Dr. Corbin has no intention of hurting me, nor of hurting you. On the contrary, she worked very hard to find a therapist she thought could help you. Why would she bring me here to focus exclusively on you if she had any interest in harming you?
Huh. Gee. She must be a saint after all. (laughter) Sorry. Sorry. I’m just imagining nuns lighting candles in front of a picture of Dr. Corbin’s evil little face. You know—like one of those paintings where the saint’s face has a halo behind it. Saint Patricia of the gigantic bank account.
Hmm. At any rate—i
f you agree, we’ll be meeting twice a day for at least the next month. Dr. Corbin feels very responsible for your condition, and is sparing no cost to—
(Note—Subject lapsed into hysterical laughter, so much so that I was on the verge of summoning orderlies when she began to calm down.)
Oh my God. I really can’t tell—is it the drugs or are you the funniest man I’ve ever met? If it’s the drugs, I totally get why people abuse this stuff. Of course Corbin feels responsible! She is responsible for my condition.
So you blame Dr. Corbin for your current situation?

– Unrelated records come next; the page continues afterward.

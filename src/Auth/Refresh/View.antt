-- ===== src/Auth/Refresh/View.antt =====
-- What the table of refresh tokens means: for every digest, a token that is not known, that is
-- live, or that is spent. `present` is what gateway/src/auth/refresh.rs promises of a presented
-- token, in these terms.
pub mod Marked
pub mod Refines
use rust_web_fullstack.Prelude.{ℕ, Option, none, some, ◌==◌, if◌then◌else◌}
use rust_web_fullstack.Prelude.Int.{ltb_ℤ}
use rust_web_fullstack.Domain.{Uuid, DateTime}
use rust_web_fullstack.Auth.Store.{Row, Table, select_any}

pub data Token : Type 0 where
  unknown : Token
  -- The family, the subject and the time it expires at.
  live : Uuid → Uuid → DateTime → Token
  spent : Uuid → Token

abbrev pub View : Type 0
View = ℕ → Token

abbrev pub view_row : Row → Token
view_row r = elim r.revoked_at [
  | none ↦ live r.family_id r.subject r.expires_at
  | some t ↦ spent r.family_id
]

unfoldable pub view : Table → View
view t h = elim (select_any h t) [ none ↦ unknown | some r ↦ view_row r ]

abbrev pub spend : Uuid → Token → Token
spend f unknown = unknown
spend f (live g s e) = if g == f then spent g else live g s e
spend f (spent g) = spent g

-- What presenting the digest `h` at `now` does: an unknown token does nothing, a spent or expired
-- one ends its family, and a live one is exchanged for `h'`, live until `until`, for its subject.
unfoldable pub present : ℕ → DateTime → ℕ → DateTime → View → View × Option Uuid
present h now h' until v = elim (v h) [
  | unknown ↦ (v, none)
  | spent f ↦ ((λ d. spend f (v d)), none)
  | live f s e ↦
      if ltb_ℤ now e
      then ((λ d. if d == h' then live f s until else if d == h then spent f else v d), some s)
      else ((λ d. spend f (v d)), none)
]
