-- ===== src/Auth/Refresh/View/Marked.antt =====
-- How the statements of gateway/src/auth/refresh.rs change the meaning of the table.
use rust_web_fullstack.Prelude.{
  ℕ, ◌≤◌, Bool, true, false, ◌&&◌, ◌==◌, ==_iff, ==_refl, if◌then◌else◌, none, some, [], ◌∷◌, map,
  ◌≡◌, refl, sym, ap, ◌≢◌, ◌∙◌, inl, inr, arith, Option-cases,
}
use mathlib.Core.Path.{fun_ext}
use rust_web_fullstack.Prelude.Int.{ltb_ℤ}
use rust_web_fullstack.Domain.{Uuid, DateTime}
use rust_web_fullstack.Auth.Store.{
  Row, Table, is_live, first, select_active, select_any, mark_replaced, replace_if, revoke_if,
  revoke_family,
}
use rust_web_fullstack.Auth.Store.Counts.{
  count, has_jti, has_digest, in_family, first_holds, count-pos_of_first,
}
use rust_web_fullstack.Auth.Refresh.Integrity.{IsSound}
use rust_web_fullstack.Auth.Refresh.Isolation.{active_is_any}
use rust_web_fullstack.Auth.Refresh.View.{unknown, spent, view, view_row, spend}

-- Two rows that reads find are the same, if one row at most passes a test that both pass.
first_same :
    (p q s : Row → Bool) (t : Table) (x y : Row)
    → first p t ≡ some x
    → first q t ≡ some y
    → s x ≡ true
    → s y ≡ true
    → count s t ≤ 1
    → x ≡ y
unfolding count
first_same p q s [] x y ex ey sx sy one = ground arith
first_same p q s (r ∷ t) x y ex ey sx sy one = ground (
  arith,
  first_same p q s t x y,
  count-pos_of_first p s t {r = x},
  count-pos_of_first q s t {r = y},
)

-- An update that keeps the digests does to the row that a look-up finds what it does to every row.
view-map :
    (f : Row → Row)
    → ((h : ℕ) (r : Row) → has_digest h (f r) ≡ has_digest h r)
    → (h : ℕ) (t : Table)
    → view (map f t) h ≡ elim (select_any h t) [ none ↦ unknown | some r ↦ view_row (f r) ]
unfolding view select_any
view-map f same h [] = refl
view-map f same h (r ∷ t) = ground (arith, same h r, view-map f same h t)

pub view-revoke_family :
    (now : DateTime) (f : Uuid) (t : Table)
    → view (revoke_family now f t) ≡ (λ d. spend f (view t d))
unfolding revoke_family view
view-revoke_family now f t =
    fun_ext λ d. ground (arith, view-map (revoke_if (in_family f) now) (λ h r. ground arith) d t)

pub view-cons :
    (new : Row) (t : Table) (d : ℕ)
    → view (new ∷ t) d ≡ (if new.hashed_token == d then view_row new else view t d)
unfolding view select_any
view-cons new t d = ground arith

-- Two rows that look-ups find are the same if they agree on their digest or their identifier.
same_row :
    (d h : ℕ) (r old : Row) (t : Table)
    → IsSound t
    → select_any d t ≡ some r
    → select_any h t ≡ some old
    → ((d ≡ h) → r ≡ old) × ((r.jti ≡ old.jti) → (r ≡ old) × (d ≡ h))
unfolding select_any
same_row d h r old t v known found =
    let owns : has_digest d r ≡ true = first_holds (has_digest d) t known in
    let owned : has_digest h old ≡ true = first_holds (has_digest h) t found in
    (
      (λ e. first_same _ _ (has_digest h) t r old known found (ground arith) owned (v.digests h)),
      λ e.
          let one =
            first_same _ _ (has_jti old.jti) t r old known found (ground (arith, ==_refl old.jti))
              (==_refl old.jti) (v.jtis old.jti) in
          (one, ground arith),
    )

-- What `present` leaves of the table's meaning when it exchanges `old` for `new`.
pub view-marked :
    (h : ℕ) (now : DateTime) (new old : Row) (t : Table)
    → IsSound t
    → select_any h t ≡ some old
    → (d : ℕ)
    → view (mark_replaced now new.jti old.jti t) d
      ≡ (if d == h then spent old.family_id else view t d)
unfolding mark_replaced view
view-marked h now new old t v found d =
    let marked = view-map (replace_if now new.jti old.jti) (λ g r. ground arith) d t in
    elim (Option-cases (select_any d t)) [
      | inl missing ↦ ground (arith, marked, ==_iff d h)
      | inr (r, known) ↦
          let same = same_row d h r old t v known found in
          ground (arith, marked, ==_iff d h, ==_iff r.jti old.jti, same, ==_refl old.jti)
    ]

-- The only row under a digest is not live, or has expired, where no active one is found.
pub inactive :
    (h : ℕ) (now : DateTime) (t : Table) (r : Row)
    → select_active h now t ≡ none
    → select_any h t ≡ some r
    → (is_live r && ltb_ℤ now r.expires_at) ≡ false
unfolding select_active select_any
inactive h now [] r gone found = ground arith
inactive h now (x ∷ t) r gone found = ground (arith, inactive h now t r)

unseen :
    (h : ℕ) (now : DateTime) (t : Table) {old : Row}
    → select_any h t ≡ none
    → select_active h now t ≢ some old
unfolding select_active select_any
unseen h now [] e f = ground arith
unseen h now (x ∷ t) {old} e f = ground (arith, unseen h now t {old = old})

pub active_known :
    (h : ℕ) (now : DateTime) (t : Table) (old : Row)
    → select_active h now t ≡ some old
    → IsSound t
    → select_any h t ≡ some old
active_known h now t old active v = elim (Option-cases (select_any h t)) [
  | inl missing ↦ absurd (unseen h now t missing active)
  | inr (r, found) ↦ found ∙ ap some (sym (active_is_any h now t old r active found (v.digests h)))
]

Obviously I blame Dr. Corbin. And, hey, you want to know one reason why Corbin was so keen to find me a therapist I would talk to?
Yes, I do.
Like I told you, I have everything set to be posted online December 4. Tomorrow. All the journal entries that I wrote—the real journal entries, I mean—not the edited crap that I sent Corbin. Plus all the Department memos I stole … everything is going to be posted. Corbin must be desperate to keep that from happening. That’s why she hired you. To pry the password out of me before it’s too late.
I see. You believe Dr. Corbin wants me to insinuate myself into your good graces in the interests of stopping your information from being posted on the Internet.
Exactly.
Which is set to happen tomorrow, correct? So she thought I could somehow divine your password in two days or less?
I didn’t tell her exactly when I’d set it to go live. Just early December sometime.
All right. Let me propose an experiment. Don’t tell me your password. Let’s see what happens tomorrow. If I come back and we continue our conversation as usual, even with your information up on the Internet, then perhaps we can agree that you’ve misjudged Dr. Corbin’s intentions.